→ **Listed records**

-- ===== src/Wrapper/Deflate.antt =====
-- lib/wrapper.c: compression. `none` is a call of an implementation with a private state that is not
-- its own, or not a state any more. deflateBound is left out.
use genwqe_user.Prelude.{
  ℕ, zero, suc, Bool, true, false, not, ◌||◌, Option, none, some, List, [], ◌==◌, if◌then◌else◌, ℤ,
  pos,
}
use genwqe_user.Zedc.{Flush}
use genwqe_user.Hardware.Buffers.{Zstream}
use genwqe_user.Wrapper.Backend.{
  Zerr, errno, stream_error, unsupported, Zrc, ok, error, is_ok, Impl, sw_impl, hw_impl, Opened,
  opened, failed, Params, Deflaters, Priv, null, freed, of_hw, of_sw, Config, Internal, Out,
}
use genwqe_user.Wrapper.Inflate.{dispatch, through, wrapped}

-- `w->level == Z_NO_COMPRESSION`
abbrev pub is_zero : ℤ → Bool
is_zero (pos zero) = true
is_zero _ = false

-- What deflateCopy makes of the copy, its private state or an error, and the one of the source: the
-- stream that the caller goes on with, which is the source if there is no copy.
abbrev pub copied :
    {H Z X : Type 0}
    → (X → Priv H Z)
    → Bool
    → Zstream
    → Internal H Z
    → Zstream × Opened X × X
    → Out H Z
copied mk true strm w (s, opened y, x) = record {
  rc = ok;
  strm = s;
  state = some (record w { priv_data = mk y });
}
copied mk false strm w (s, opened y, x) = record {
  rc = ok;
  strm = strm;
  state = some (record w { priv_data = mk x });
}
copied mk to_copy strm w (s, failed e, x) = record {
  rc = error e;
  strm = strm;
  state = some (record w { priv_data = mk x });
}

module _ {H Z : Type 0} (b : Deflaters H Z) where
  -- One try of __deflateInit2_.
  abbrev pub try_init : Zstream → Params → Impl → Zstream × Opened (Priv H Z)
  try_init strm p hw_impl = wrapped of_hw (b.hw.deflate_init2 p strm)
  try_init strm p sw_impl = wrapped of_sw (b.sw.deflate_init2 p strm)

  abbrev pub params : Internal H Z → Params
  params w = record {
    level = w.level;
    method = w.method;
    window_bits = w.window_bits;
    mem_level = w.mem_level;
    strategy = w.strategy;
  }

  -- The loop of __deflateInit2_: at most two rounds, the second one in software.
  unfoldable pub init_loop :
      ℕ → Zerr → Zstream → Internal H Z → Zstream × Opened (Priv H Z) × Internal H Z
  init_loop zero e strm w = (strm, failed e, w)
  init_loop (suc retries) e strm w =
      let (s, r) = try_init strm (params w) w.impl in
      elim r [
        | opened p ↦ (s, opened p, w)
        | failed e' ↦ init_loop retries e' s (record w { impl = sw_impl })
      ]

  -- __deflateInit2_; level 0 is left to software.
  abbrev pub init_state : Zstream → Internal H Z → Zstream × Opened (Priv H Z) × Internal H Z
  init_state strm w =
      init_loop 2 stream_error strm (if is_zero w.level then record w { impl = sw_impl } else w)

  abbrev pub started : Zstream × Opened (Priv H Z) × Internal H Z → Out H Z
  started (s, opened p, w) = record { rc = ok; strm = s; state = some (record w { priv_data = p }) }
  started (s, failed e, w) = record { rc = error e; strm = s; state = none }

  -- The state that deflateInit2_ allocates.
  abbrev pub first_state : Config → Params → Internal H Z
  first_state c p = record {
    impl = c.impl;
    priv_data = null;
    allow_switching = false;
    level = p.level;
    method = p.method;
    mem_level = p.mem_level;
    strategy = p.strategy;
    window_bits = p.window_bits;
    gzhead = none;
    dictionary = [];
    dict_length = 0;
  }

  -- deflateInit2_; `memory` is whether calloc grants the state.
  unfoldable pub deflate_init2 : Config → Bool → Params → Zstream → Out H Z
  unfolding init_loop
  deflate_init2 c memory p strm =
      if not memory
      then record { rc = error errno; strm = strm; state = none }
      else started (init_state strm (first_state c p))

  -- __deflateEnd
  unfoldable pub end_state : Zstream → Internal H Z → Option (Zrc × Zstream)
  end_state strm w = dispatch (b.hw.deflate_end strm) (b.sw.deflate_end strm) w.impl w.priv_data

  -- deflateEnd
  abbrev pub ended : Option (Zrc × Zstream) → Option (Out H Z)
  ended none = none
  ended (some (rc, s)) = some (record { rc = rc; strm = s; state = none })

  unfoldable pub deflate_end : Zstream → Internal H Z → Option (Out H Z)
  unfolding end_state
  deflate_end strm w = ended (end_state strm w)

  -- deflateParams from __deflateInit2_ on: if it fails, `priv_data` stays as it is.
  abbrev pub restarted : Zstream × Opened (Priv H Z) × Internal H Z → Out H Z
  restarted (s, opened p, w) = started (s, opened p, w)
  restarted (s, failed e, w) = record { rc = error e; strm = s; state = some w }

  -- deflateParams from __deflateEnd on, which has freed what `priv_data` points to.
  unfoldable pub restart : Internal H Z → Option (Zrc × Zstream) → Option (Out H Z)
  unfolding init_loop
  restart w none = none
  restart w (some (rc, s)) =
      let gone : Internal H Z = record w { priv_data = freed } in
      if not (is_ok rc)
      then some (record { rc = rc; strm = s; state = some gone })
      else some (restarted (init_state (record s { total_in = 0; total_out = 0 }) gone))

  -- deflateParams in hardware mode.
  abbrev pub hw_params : Zstream → Internal H Z → Option (Out H Z)
  hw_params strm w =
      if not (strm.total_in == 0) || not (is_zero w.level)
      then some (record { rc = ok; strm = strm; state = some w })
      else restart w (end_state strm w)

  -- deflateParams
  abbrev pub by_impl : {A : Type 0} → Impl → A → A → A
  by_impl hw_impl h z = h
  by_impl sw_impl h z = z

  unfoldable pub deflate_params : ℤ → ℕ → Zstream → Internal H Z → Option (Out H Z)
  unfolding restart
  deflate_params level strategy strm w =
      let w' : Internal H Z = record w { level = level; strategy = strategy } in
      by_impl w.impl (hw_params strm w')
        (through (λ x. (ok, strm, x)) (b.deflate_params level strategy strm) w')

  -- deflate, deflateReset, deflateSetDictionary, deflateSetHeader and deflatePrime
  unfoldable pub deflate : Flush → Zstream → Internal H Z → Option (Out H Z)
  deflate flush strm w = through (b.hw.deflate flush strm) (b.sw.deflate flush strm) w

  unfoldable pub deflate_reset : Zstream → Internal H Z → Option (Out H Z)
  deflate_reset strm w = through (b.hw.deflate_reset strm) (b.sw.deflate_reset strm) w

  unfoldable pub deflate_set_dictionary : List ℕ → Zstream → Internal H Z → Option (Out H Z)
  deflate_set_dictionary dict strm w =
      through (b.hw.deflate_set_dictionary dict strm) (b.sw.deflate_set_dictionary dict strm) w

  unfoldable pub deflate_set_header : ℕ → Zstream → Internal H Z → Option (Out H Z)
  deflate_set_header head strm w =
      through (b.hw.deflate_set_header head strm) (b.sw.deflate_set_header head strm) w

  unfoldable pub deflate_prime : ℤ → ℤ → Zstream → Internal H Z → Option (Out H Z)
  deflate_prime bits value strm w =
      through (λ x. (error unsupported, strm, x)) (b.deflate_prime bits value strm) w

  -- deflateCopy; `memory` is whether calloc grants the state of the copy.
  unfoldable pub deflate_copy : Bool → Bool → Zstream → Internal H Z → Option (Out H Z)
  deflate_copy memory to_copy strm w =
      let copy =
        dispatch (λ x. copied of_hw to_copy strm w (b.hw.deflate_copy strm x))
          (λ x. copied of_sw to_copy strm w (b.sw.deflate_copy strm x)) w.impl w.priv_data in
      if not memory then some (record { rc = error errno; strm = strm; state = some w }) else copy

→ **Problem details**
Keep both end lines and retype everything in the records above from the line containing "p ↦ (s, opened p, w)" through the line containing "abbrev pub init_state", exactly, with nothing else.

→ **Output below**
        | opened p ↦ (s, opened p, w)
        | failed e' ↦ init_loop retries e' s (record w { impl = sw_impl })
      ]

  -- __deflateInit2_; level 0 is left to software.
  abbrev pub init_state : Zstream → Internal H Z → Zstream × Opened (Priv H Z) × Internal H Z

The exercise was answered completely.